> [Stored data entries]
*** Block opens ***
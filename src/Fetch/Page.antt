-- ===== src/Fetch/Page.antt =====
-- `FetchPage` of pipeline/update.py, requests, options, and the provider's side. The adapter, its rate
-- limiter and the user's cancellation are not under the package's control: a state `W` of the outside
-- world decides what each of them answers. Durations and the progress callback are left out.
use bagelquant_data.Prelude.{
  ℕ, ◌+◌, Bool, true, false, ◌||◌, Option, none, some, List, [], ◌∷◌, ◌++◌, map, leb, is_some, all,
}

-- A step of a request key: an index, or one of the words.
pub data KeyPart : Type 0 where
  at : ℕ → KeyPart
  leaf exhausted : KeyPart

-- The params of a request. `start` and `end`, the bounds of its range, and `limit` and `offset` are the
-- ones that paging writes, whatever their configured names; `other` stands for the others.
pub record Request : Type 0 where
  pub start : Option ℕ
  pub end : Option ℕ
  pub limit : Option ℕ
  pub offset : Option ℕ
  pub other : ℕ

pub data PageStatus : Type 0 where
  success invalid failed cancelled : PageStatus

abbrev pub is_success : PageStatus → Bool
is_success PageStatus.success = true
is_success _ = false

-- What an error message says.
pub data Problem : Type 0 where
  provider_error unknown_error omitted_scope : Problem
  cancelled_before_retry cancelled_during_backoff : Problem
  repeated_page max_pages_exhausted buffer_exceeded row_limit_reached : Problem
  bad_policy bad_limits missing_bounds start_after_end : Problem

module _ (Frame : Type 0) where
  pub record FetchPage : Type 0 where
    pub request_key : List KeyPart
    pub request_params : Request
    pub frame : Option Frame
    pub status : PageStatus
    pub row_count : ℕ
    pub retry_count : ℕ
    pub error_message : Option Problem
    pub request_attempts : ℕ
    pub buffer_limit_exceeded : Bool
    pub discarded : Bool

  -- What `fetch` does: raise, or return a data frame or something else.
  pub data Answer : Type 0 where
    raised returned_other : Answer
    returned : Frame → Answer

  -- `cancelled`, `admitted` and `backed_off` are `cancel_requested`, `wait_for_request` and
  -- `_cooperative_backoff`, false when they do not go on; `admitted` is true for an adapter without one.
  pub record Outside (W : Type 0) : Type 0 where
    pub cancelled : W → Bool × W
    pub admitted : W → Bool × W
    pub backed_off : W → Bool × W
    pub fetch : Request → W → Answer × W
    pub height : Frame → ℕ
    pub estimated_size : Frame → ℕ
    pub digest : Frame → ℕ

-- The request options that paging reads, as numbers.
pub record PageOptions : Type 0 where
  pub page_size : ℕ
  pub offset_start : ℕ
  pub max_pages : ℕ
  pub row_limit : Option ℕ
  pub minimum_window_days : ℕ
  pub buffer_limit_bytes : ℕ
  pub require_nonempty_response : Bool
  pub max_retries : ℕ

module _ {Frame W : Type 0} (env : Outside Frame W) where
  -- `_invalid_pagination_page`
  abbrev pub invalid_page : List KeyPart → Request → Problem → FetchPage Frame
  invalid_page key request problem = record {
    request_key = key;
    request_params = request;
    frame = none;
    status = PageStatus.invalid;
    row_count = 0;
    retry_count = 0;
    error_message = some problem;
    request_attempts = 0;
    buffer_limit_exceeded = false;
    discarded = false;
  }

  abbrev pub frame_size : Option Frame → ℕ
  frame_size none = 0
  frame_size (some f) = env.estimated_size f

  abbrev pub retained_bytes : List (FetchPage Frame) → ℕ
  retained_bytes [] = 0
  retained_bytes (p ∷ ps) = frame_size p.frame + retained_bytes ps

  abbrev pub drop_frame : FetchPage Frame → FetchPage Frame
  drop_frame p = record p { frame = none; discarded = p.discarded || is_some p.frame }

  -- `_bound_pages`: its result, and the pages as it leaves them.
  unfoldable pub bound_pages :
      ℕ → List KeyPart → Request → List (FetchPage Frame) → Bool × List (FetchPage Frame)
  bound_pages limit key request ps = elim (leb (retained_bytes ps) limit) [
    | true ↦ (true, ps)
    | false ↦ (
      false,
      map drop_frame ps
          ++ record (invalid_page key request Problem.buffer_exceeded) {
            buffer_limit_exceeded = true;
          }
            ∷ [],
    )
  ]

abbrev pub all_success : {Frame : Type 0} → List (FetchPage Frame) → Bool
all_success ps = all (λ p. is_success p.status) ps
*** Block closes ***
> [Exercise objective] Every line above is to be duplicated exactly as shown.

> [Final answer]
filename src/Fetch/Page.antt
-- ===== src/Fetch/Page.antt =====
-- `FetchPage` of pipeline/update.py, requests, options, and the provider's side. The adapter, its rate
-- limiter and the user's cancellation are not under the package's control: a state `W` of the outside
-- world decides what each of them answers. Durations and the progress callback are left out.
use bagelquant_data.Prelude.{
  ℕ, ◌+◌, Bool, true, false, ◌||◌, Option, none, some, List, [], ◌∷◌, ◌++◌, map, leb, is_some, all,
}

-- A step of a request key: an index, or one of the words.
pub data KeyPart : Type 0 where
  at : ℕ → KeyPart
  leaf exhausted : KeyPart

-- The params of a request. `start` and `end`, the bounds of its range, and `limit` and `offset` are the
-- ones that paging writes, whatever their configured names; `other` stands for the others.
pub record Request : Type 0 where
  pub start : Option ℕ
  pub end : Option ℕ
  pub limit : Option ℕ
  pub offset : Option ℕ
  pub other : ℕ

pub data PageStatus : Type 0 where
  success invalid failed cancelled : PageStatus

abbrev pub is_success : PageStatus → Bool
is_success PageStatus.success = true
is_success _ = false

-- What an error message says.
pub data Problem : Type 0 where
  provider_error unknown_error omitted_scope : Problem
  cancelled_before_retry cancelled_during_backoff : Problem
  repeated_page max_pages_exhausted buffer_exceeded row_limit_reached : Problem
  bad_policy bad_limits missing_bounds start_after_end : Problem

module _ (Frame : Type 0) where
  pub record FetchPage : Type 0 where
    pub request_key : List KeyPart
    pub request_params : Request
    pub frame : Option Frame
    pub status : PageStatus
    pub row_count : ℕ
    pub retry_count : ℕ
    pub error_message : Option Problem
    pub request_attempts : ℕ
    pub buffer_limit_exceeded : Bool
    pub discarded : Bool

  -- What `fetch` does: raise, or return a data frame or something else.
  pub data Answer : Type 0 where
    raised returned_other : Answer
    returned : Frame → Answer

  -- `cancelled`, `admitted` and `backed_off` are `cancel_requested`, `wait_for_request` and
  -- `_cooperative_backoff`, false when they do not go on; `admitted` is true for an adapter without one.
  pub record Outside (W : Type 0) : Type 0 where
    pub cancelled : W → Bool × W
    pub admitted : W → Bool × W
    pub backed_off : W → Bool × W
    pub fetch : Request → W → Answer × W
    pub height : Frame → ℕ
    pub estimated_size : Frame → ℕ
    pub digest : Frame → ℕ

-- The request options that paging reads, as numbers.
pub record PageOptions : Type 0 where
  pub page_size : ℕ
  pub offset_start : ℕ
  pub max_pages : ℕ
  pub row_limit : Option ℕ
  pub minimum_window_days : ℕ
  pub buffer_limit_bytes : ℕ
  pub require_nonempty_response : Bool
  pub max_retries : ℕ

module _ {Frame W : Type 0} (env : Outside Frame W) where
  -- `_invalid_pagination_page`
  abbrev pub invalid_page : List KeyPart → Request → Problem → FetchPage Frame
  invalid_page key request problem = record {
    request_key = key;
    request_params = request;
    frame = none;
    status = PageStatus.invalid;
    row_count = 0;
    retry_count = 0;
    error_message = some problem;
    request_attempts = 0;
    buffer_limit_exceeded = false;
    discarded = false;
  }

  abbrev pub frame_size : Option Frame → ℕ
  frame_size none = 0
  frame_size (some f) = env.estimated_size f

  abbrev pub retained_bytes : List (FetchPage Frame) → ℕ
  retained_bytes [] = 0
  retained_bytes (p ∷ ps) = frame_size p.frame + retained_bytes ps

  abbrev pub drop_frame : FetchPage Frame → FetchPage Frame
  drop_frame p = record p { frame = none; discarded = p.discarded || is_some p.frame }

  -- `_bound_pages`: its result, and the pages as it leaves them.
  unfoldable pub bound_pages :
      ℕ → List KeyPart → Request → List (FetchPage Frame) → Bool × List (FetchPage Frame)
  bound_pages limit key request ps = elim (leb (retained_bytes ps) limit) [
    | true ↦ (true, ps)
    | false ↦ (
      false,
      map drop_frame ps
          ++ record (invalid_page key request Problem.buffer_exceeded) {
            buffer_limit_exceeded = true;
          }
            ∷ [],
    )
  ]

abbrev pub all_success : {Frame : Type 0} → List (FetchPage Frame) → Bool
all_success ps = all (λ p. is_success p.status) ps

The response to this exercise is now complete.